泵自吸过程两相流瞬变特性及其激励机制研究

Self-priming pump is a critical element in the energy, petrochemical and municipal fields. The stability of self-priming pump is strongly influenced by the complex two-phase flow structures and its excitation during the self-priming process. The main reason is the interference of high-speed flow and low-speed flow in the gas-liquid mixing area. However, the gas-liquid two-phase flow structures in the gas-liquid mixing area are still not fully revealed so far. The transient characteristics of gas-liquid mixed flow in the self-priming process of pump are the starting point of this project. The two-phase flow numerical method-CLSVOF/LES is generated. The experimental and numerical methods are used to investigate the temporal and spatial characteristics of unsteady vortex structures in the shear layer of gas-liquid mixing area in self-priming pump. The evolution progress of multi-scales vortex structures and cavitation flow structures are revealed with analysis of flow field data using the vortex dynamics theory, Proper Orthogonal Decomposition (POD) and spectrum analysis methods. The excitation sources are identified with measurement of pressure pulsation and structural responses signals. Cross-correlation functions are applied to analyze corresponding excitation features from vortices with different scales. Relations between vortex dynamics and structure response are established from the analysis. The outcomes of project provide a new explanatory on temporal and spatial characteristics of flow structures and its excitation mechanism in the self-priming pump and enrich the fundamental theory of self-priming pump. Finally, it can provide a theoretical support for optimizing the self-priming capability and vibration level of self-priming pump.

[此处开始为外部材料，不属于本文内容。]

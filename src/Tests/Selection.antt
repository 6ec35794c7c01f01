-- ===== src/Tests/Selection.antt =====
-- Selection, listing and the proxy.
use eggdfs.Base.{
  ◌↔◌, List, ℕ, arith, ◌≡◌, ◌≢◌, refl, Option, none, some, List, [], ◌∷◌, Outcome, done, Result, ok,
  err, ◌⊎◌, ◌&&◌, false, if◌then◌else◌, ◌%◌, get_elem?, subst, sym, ◌∙◌, done-injective,
}
use eggdfs.Base.Dict.{insert, lookup}
use eggdfs.Base.Text.{Text, text_eq}
use eggdfs.Base.Visit.{forwards, backwards}
use eggdfs.Group.{StorageServer, Group, get_storage, get_storages}
use eggdfs.Tests.{group_name, http, addr_a, node_a, node_b, pair}
use eggdfs.Tests.Groups.{pair-IsWell}
use eggdfs.Tracker.{Tracker, IsSound, get_group}
use eggdfs.Tracker.Proxy.{TrackerProxy, abort_error_handler}
use eggdfs.Tracker.Proxy.Offline.{abort_error_handler_lem}
use eggdfs.Tracker.Report.Servers.{server_at}
use eggdfs.Tracker.Select.{
  select_storage_ip_hash, select_group_for_upload, first_group, active_groups, no_available_group,
  no_available_storage, active_storages,
}
use eggdfs.Tracker.{get_groups}
use eggdfs.Tracker.Select.ByAddress.{select_storage_ip_hash_lem}
use eggdfs.Tracker.Select.Rota.{IsRota, rota, select_storage_ip_hash-rota}
use eggdfs.Tracker.Select.ForUpload.{select_group_for_upload_lem, select_group_for_upload-first}
use eggdfs.Tests.Trackers.{calm, calm-IsSound, tracker_of}

-- The hash 5 picks the second of the two active servers.
select_storage_ip_hash-pair : select_storage_ip_hash forwards (λ ip. 5) [] pair ≡ done (ok node_b)
unfolding select_storage_ip_hash eggdfs.Group.get_storages eggdfs.Base.Sort.sort_strings
    eggdfs.Base.Dict.values lookup text_eq
select_storage_ip_hash-pair = refl

select_storage_ip_hash_lem_example :
    (((s : StorageServer) × (select_storage_ip_hash forwards (λ ip. 5) [] pair ≡ done (ok s))
        × (get_storage s.addr pair ≡ some s)
        × (s.status ≡ 1))
      ⊎ ((select_storage_ip_hash forwards (λ ip. 5) [] pair ≡ done (err no_available_storage))
          × ((s : StorageServer) → get_storage s.addr pair ≡ some s → s.status ≢ 1)))
    × (select_storage_ip_hash forwards (λ ip. 5) [] pair
        ≡ select_storage_ip_hash backwards (λ ip. 5) [] pair)
select_storage_ip_hash_lem_example =
    select_storage_ip_hash_lem forwards backwards (λ ip. 5) [] pair pair-IsWell

both_active : active_storages (get_storages forwards pair) ≡ done (node_a ∷ node_b ∷ [])
unfolding active_storages get_storages eggdfs.Base.Sort.sort_strings eggdfs.Base.Dict.values lookup
    text_eq
both_active = refl

-- Both servers are active, so the listing holds both, by address.
pair-IsRota : IsRota pair (node_a ∷ node_b ∷ [])
pair-IsRota =
    let (l, run, listed) = rota forwards pair pair-IsWell in
    subst (IsRota pair) (done-injective l (node_a ∷ node_b ∷ []) (sym run ∙ both_active)) listed

select_storage_ip_hash-rota_example :
    ((◌≡◌ {A = List StorageServer} (node_a ∷ node_b ∷ []) [])
      × (select_storage_ip_hash backwards (λ ip. 5) [] pair ≡ done (err no_available_storage)))
    ⊎ ((s : StorageServer) × (get_elem? (node_a ∷ node_b ∷ []) (5 % 2) ≡ some s)
        × (select_storage_ip_hash backwards (λ ip. 5) [] pair ≡ done (ok s)))
select_storage_ip_hash-rota_example =
    select_storage_ip_hash-rota backwards (λ ip. 5) [] pair (node_a ∷ node_b ∷ []) pair-IsWell
      pair-IsRota

select_group_for_upload_lem_example :
    ((g : Group) × (select_group_for_upload forwards calm ≡ ok g)
      × (get_group g.name calm ≡ some g)
      × (g.status ≡ 1))
    ⊎ ((select_group_for_upload forwards calm ≡ err no_available_group)
        × ((n : Text) (g : Group) → get_group n calm ≡ some g → g.status ≢ 1))
select_group_for_upload_lem_example = select_group_for_upload_lem forwards calm calm-IsSound

-- Two active groups: the first in the order of the visit is taken, though the other has more room.
abbrev two_groups : Tracker ℕ
two_groups = record {
  groups =
      (group_name, pair)
      ∷ (b'h' ∷ [], record pair { name = b'h' ∷ []; cap = 9; storages = [] })
      ∷ [];
  sync_db = 7;
  locked = false;
}

select_group_for_upload-first_example :
    select_group_for_upload forwards two_groups
    ≡ first_group (active_groups (get_groups forwards two_groups))
select_group_for_upload-first_example = select_group_for_upload-first forwards two_groups

first_of_two : select_group_for_upload forwards two_groups ≡ ok pair
unfolding select_group_for_upload get_groups eggdfs.Base.Dict.values
first_of_two = refl

abbrev to_a : TrackerProxy
to_a = record { schema = http; addr = addr_a; target = b'u' ∷ []; group = group_name }

pub pair_at : {S : Type 0} (d : S) → get_group group_name (tracker_of d pair) ≡ some pair
unfolding get_group lookup text_eq
pair_at d = refl

pub a_in_pair : get_storage addr_a pair ≡ some node_a
unfolding get_storage lookup text_eq
a_in_pair = refl

abort_error_handler_lem_example :
    (u : Tracker ℕ) × (abort_error_handler to_a calm ≡ done u)
    × IsSound u
    × ((n k : Text)
        → server_at n k u ≡ (
            if text_eq group_name n && text_eq addr_a k
            then some (record node_a { status = 0 })
            else server_at n k calm))
    × (u.sync_db ≡ 7)
abort_error_handler_lem_example =
    abort_error_handler_lem to_a calm calm-IsSound pair node_a (pair_at 7) a_in_pair
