-- ===== src/Tests/Removals.antt =====
-- A deletion of the first file, through the tracker and at a storage.
use mathlib.Core.List.{Mem}
use eggdfs.Base.{
  ◌≡◌, ◌≢◌, ◌↔◌, refl, sym, ◌∙◌, true, false, ◌&&◌, not, some, none, [], ◌∷◌, done, ok, ◌==◌,
  if◌then◌else◌,
}
use eggdfs.Base.Dict.{lookup, NodupKeys}
use eggdfs.Base.Text.{bytes, has_byte}
use eggdfs.Base.Visit.{forwards}
use eggdfs.Cluster.Removal.{asked, deletion_reaches_replicas}
use eggdfs.Common.Model.{SyncFileInfo}
use eggdfs.Db.Memory.{memory, no_entries}
use eggdfs.Disk.{dir, calm}
use eggdfs.Disk.Files.{SameBut}
use eggdfs.Group.{StorageServer, get_storage}
use eggdfs.Storage.{Storage, answer, slash}
use eggdfs.Storage.Download.{denied, download}
use eggdfs.Storage.Sync.{sync}
use eggdfs.Tests.{group_name, node_a, pair}
use eggdfs.Common.Const.{sync_delete}
use eggdfs.Storage.Reach.{Run-NodupKeys, next, here, upload}
use eggdfs.Storage.Download.Laws.{Stored-content}
use eggdfs.Tests.Selection.{pair_at, a_in_pair}
use eggdfs.Tests.Storages.{conf, digest, today, request, empty_storage, run, run-Stored}
use eggdfs.Tests.Trackers.{json, tracker_of, tracker_of-IsSound}
use eggdfs.Tracker.{Tracker}
use eggdfs.Tracker.Delete.{Started, delete}
use eggdfs.Tracker.Sync.{DeleteFile, delete_accepted, delete_task, log_failure}
use eggdfs.Util.{gen_file_path}

abbrev wanted : DeleteFile
wanted = record {
  file_id = [];
  group = group_name;
  md5 = b'9' ∷ [];
  file = run.0.headers.file_path;
}

abbrev tracker : Tracker memory.State
tracker = tracker_of no_entries pair

id-plain : has_byte b'/' (b'7' ∷ []) ≡ false
unfolding has_byte
id-plain = refl

abbrev elsewhere : SyncFileInfo
elsewhere =
    asked memory json digest calm conf (gen_file_path today (b'z' ∷ [])) request empty_storage run.1
      run.0 run-Stored node_a pair wanted

free : lookup (slash (b'm' ∷ []) wanted.file) run.1.disk ≢ some dir
free e =
    let held =
      Stored-content memory json digest conf calm (gen_file_path today (b'z' ∷ [])) request
        empty_storage run.1 run.0 run-Stored in
    cc (sym held ∙ e)

pub once : NodupKeys run.1.disk
once =
    Run-NodupKeys memory json digest conf empty_storage run.1 _
      (next here (upload calm [] today request refl refl)) tt

deletion_reaches_replicas_example :
    (started : Started) × (delete forwards true wanted tracker ≡ done (20000 ∷ [], started))
    × Mem (some node_a) started
    × ((other : StorageServer)
        → Mem (some other) started ↔ (get_storage other.addr pair ≡ some other))
    × (b' : Storage memory.State) × (sync memory json conf calm elsewhere none run.1
        ≡ done ((some (answer 20000 []), []), b'))
    × (download conf calm wanted.file [] b' ≡ denied (answer 10000 (bytes "no such file")))
    × SameBut (slash (b'm' ∷ []) wanted.file) run.1.disk b'.disk
    × (delete_task memory json node_a group_name wanted (ok []) tracker
        ≡ done (
            if not (1 == 0) && delete_accepted json (ok [])
            then tracker
            else log_failure memory json sync_delete elsewhere tracker))
deletion_reaches_replicas_example =
    deletion_reaches_replicas memory json digest calm conf (gen_file_path today (b'z' ∷ [])) request
      empty_storage run.1 run.0 run-Stored forwards tracker (tracker_of-IsSound no_entries) pair
      wanted (pair_at no_entries) refl id-plain node_a a_in_pair conf run.1 none [] once free
      (ok []) tracker
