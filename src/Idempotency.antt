-- ===== src/Idempotency.antt =====
-- internal/transport/http/idempotency.go: the outcomes of recent commands by key. The clock's
-- reading is an argument and the mutex makes each call one step. The loop of `evict` ranges over
-- the map in the order in which it lists its keys; Go leaves that order open.
pub mod Bounds
pub mod Kept
use dispatch_lab.Prelude.{
  ℕ, ◌+◌, ◌-◌, ◌*◌, String, Bool, true, false, not, ◌&&◌, Option, none, some, List, [], ◌∷◌, length,
  ltb, leb, str_eq, if◌then◌else◌, ◌==◌,
}
use dispatch_lab.Prelude.Map.{lookup, insert, erase}

-- Nanoseconds: ten minutes.
abbrev pub idempotency_ttl : ℕ
idempotency_ttl = 600 * 1000000000

abbrev pub idempotency_max_entries : ℕ
idempotency_max_entries = 4096

pub record StoredResponse : Type 0 where
  pub status : ℕ
  pub body : String
  pub content_type : String
  pub stored_at : ℕ

pub record Cache : Type 0 where
  pub ttl : ℕ
  pub max : ℕ
  pub entries : List (String × StoredResponse)

-- A setting of at most 0 falls back to the default.
unfoldable pub new_cache : (ttl max : ℕ) → Cache
new_cache ttl max = record {
  ttl = if ttl == 0 then idempotency_ttl else ttl;
  max = if max == 0 then idempotency_max_entries else max;
  entries = [];
}

-- `now.Sub(entry.storedAt) > ttl`
abbrev pub is_expired : (ttl now : ℕ) → StoredResponse → Bool
is_expired ttl now r = ltb ttl (now - r.stored_at)

unfoldable pub get : Cache → (now : ℕ) → String → Cache × Option StoredResponse
get c now key = elim (lookup key c.entries) [
  | none ↦ (c, none)
  | some r ↦
      if is_expired c.ttl now r
      then (record c { entries = erase key c.entries }, none)
      else (c, some r)
]

-- What the loop of `evict` has come to: the map, and the oldest key with its time.
pub record Sweep : Type 0 where
  pub entries : List (String × StoredResponse)
  pub oldest_key : String
  pub oldest_at : ℕ

unfoldable pub sweep_one : (ttl now : ℕ) → Sweep → String → StoredResponse → Sweep
sweep_one ttl now s key r =
    if is_expired ttl now r
    then record s { entries = erase key s.entries }
    else if str_eq s.oldest_key ""
    then record s { oldest_key = key; oldest_at = r.stored_at }
    else if ltb r.stored_at s.oldest_at
    then record s { oldest_key = key; oldest_at = r.stored_at }
    else s

unfoldable pub sweep_all : (ttl now : ℕ) → Sweep → List (String × StoredResponse) → Sweep
unfolding sweep_one
sweep_all ttl now s [] = s
sweep_all ttl now s ((key, r) ∷ es) = sweep_all ttl now (sweep_one ttl now s key r) es

unfoldable pub evict : Cache → (now : ℕ) → Cache
unfolding sweep_all
evict c now =
    let start : Sweep = record { entries = c.entries; oldest_key = ""; oldest_at = 0 } in
    let s = sweep_all c.ttl now start c.entries in
    record c {
      entries =
          if leb c.max (length s.entries) && not (str_eq s.oldest_key "")
          then erase s.oldest_key s.entries
          else s.entries;
    }

unfoldable pub put : Cache → (now : ℕ) → String → StoredResponse → Cache
unfolding evict
put c now key response =
    let c1 = (if leb c.max (length c.entries) then evict c now else c) in
    record c1 { entries = insert key (record response { stored_at = now }) c1.entries }

unfoldable pub size : Cache → ℕ
size c = length c.entries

自吸泵在能源、石化、市政等领域至关重要，自吸过程中复杂的气液两相流动结构及其激励响应严重影响了自吸泵的运行稳定性，其主要原因在于气液混合区内高速流与低速流之间的干涉作用。但目前针对气液混合区内两相流动结构的研究尚不充分。本项目以泵自吸过程中气液流动结构的瞬变特性为出发点，建立高精度的CLSVOF/LES两相流数值计算方法，综合实验和数值计算研究自吸泵气液混合区内剪切层处不稳定涡的时空特性。基于涡动力学理论分析、本征正交分解、频谱分析等流场数据分析，揭示气液混合区内多重尺度涡结构和空泡流形态的演变规律。通过采集压力脉动、结构响应等信号并进行激励源识别，采用互相关函数分析不同尺度涡所对应的激励特性，构建涡动-响应关联关系。项目研究成果将对自吸泵内流动结构的时空特性及其激励特性作出新的诠释，丰富自吸泵基础理论，为自吸泵的自吸性能及振动性能优化提供理论支撑。

本项目以双叶片离心泵自吸过程中气液流动结构的瞬变特性为研究切入点，深入开展了以下几个方面的工作。首先，采用高速摄影技术开展了泵自吸过程气液瞬变特性实验研究，获取了不同自吸阶段泵内气泡体积分数及气泡流型的演变规律，揭示了自吸过程气液混合及气液分离机理；其次，基于自吸过程多尺度气泡流型，提出了考虑气泡大小和相间作用力的两组-双流体模型，开展了自吸过程的数值计算，分析了泵内气液两相相关物理量的时空特征，获取了不同自吸阶段泵内液体体积分数变化分布规律及气相运动规律，定量分析了回流孔位置及大小对自吸性能和水力性能的影响机制，给出了设计准则；再次，采用振动加速度传感器测量了不同自吸阶段的振动响应信号，辨识了结构响应的主要激励频率，揭示了非定常两相流动对振动响应的作用机制。项目研究成果对自吸泵内流动结构的时空特性及其激励特性作出了新的诠释，丰富了自吸式离心泵基础理论，为自吸式离心泵的优化设计提供了理论支撑。